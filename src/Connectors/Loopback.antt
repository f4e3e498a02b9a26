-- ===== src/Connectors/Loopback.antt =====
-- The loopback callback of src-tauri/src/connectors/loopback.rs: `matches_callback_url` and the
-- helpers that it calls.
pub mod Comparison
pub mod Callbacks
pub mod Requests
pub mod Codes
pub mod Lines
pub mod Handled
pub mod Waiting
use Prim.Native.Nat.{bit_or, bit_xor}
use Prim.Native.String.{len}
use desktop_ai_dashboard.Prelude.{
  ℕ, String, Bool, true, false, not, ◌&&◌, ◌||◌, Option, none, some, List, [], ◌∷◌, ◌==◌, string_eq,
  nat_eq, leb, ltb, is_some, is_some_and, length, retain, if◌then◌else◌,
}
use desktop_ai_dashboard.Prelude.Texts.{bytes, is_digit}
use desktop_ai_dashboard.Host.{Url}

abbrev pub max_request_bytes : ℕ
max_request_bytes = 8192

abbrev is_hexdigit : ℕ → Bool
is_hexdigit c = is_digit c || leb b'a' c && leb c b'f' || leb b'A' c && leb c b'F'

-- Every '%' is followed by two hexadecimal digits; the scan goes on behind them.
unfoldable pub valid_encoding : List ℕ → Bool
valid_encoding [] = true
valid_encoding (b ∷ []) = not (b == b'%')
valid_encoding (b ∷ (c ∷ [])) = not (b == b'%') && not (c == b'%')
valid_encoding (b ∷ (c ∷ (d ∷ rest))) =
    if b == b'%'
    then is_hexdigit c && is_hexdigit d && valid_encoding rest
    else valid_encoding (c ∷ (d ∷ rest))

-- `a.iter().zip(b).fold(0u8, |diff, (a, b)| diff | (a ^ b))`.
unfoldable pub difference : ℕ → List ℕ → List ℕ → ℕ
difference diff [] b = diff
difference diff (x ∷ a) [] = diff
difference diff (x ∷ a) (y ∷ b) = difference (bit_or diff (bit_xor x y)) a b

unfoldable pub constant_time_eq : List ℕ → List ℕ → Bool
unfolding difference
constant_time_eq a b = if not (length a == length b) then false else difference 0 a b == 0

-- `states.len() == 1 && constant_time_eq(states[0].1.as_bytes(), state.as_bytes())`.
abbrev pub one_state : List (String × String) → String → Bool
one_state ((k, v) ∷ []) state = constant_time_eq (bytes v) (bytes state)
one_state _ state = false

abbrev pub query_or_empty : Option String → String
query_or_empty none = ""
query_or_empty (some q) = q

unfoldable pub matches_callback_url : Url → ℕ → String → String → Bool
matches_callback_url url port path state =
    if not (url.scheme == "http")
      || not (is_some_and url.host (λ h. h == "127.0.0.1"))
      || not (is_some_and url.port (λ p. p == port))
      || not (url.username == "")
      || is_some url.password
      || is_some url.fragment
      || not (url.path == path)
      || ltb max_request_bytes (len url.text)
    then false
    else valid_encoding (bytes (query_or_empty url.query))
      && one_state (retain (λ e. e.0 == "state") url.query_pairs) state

★ ★ ★ ★ ★

Task>
Search the material for the word "true" and copy each line where it occurs.

Written response>
  ℕ, String, Bool, true, false, not, ◌&&◌, ◌||◌, Option, none, some, List, [], ◌∷◌, ◌==◌, string_eq,
valid_encoding [] = true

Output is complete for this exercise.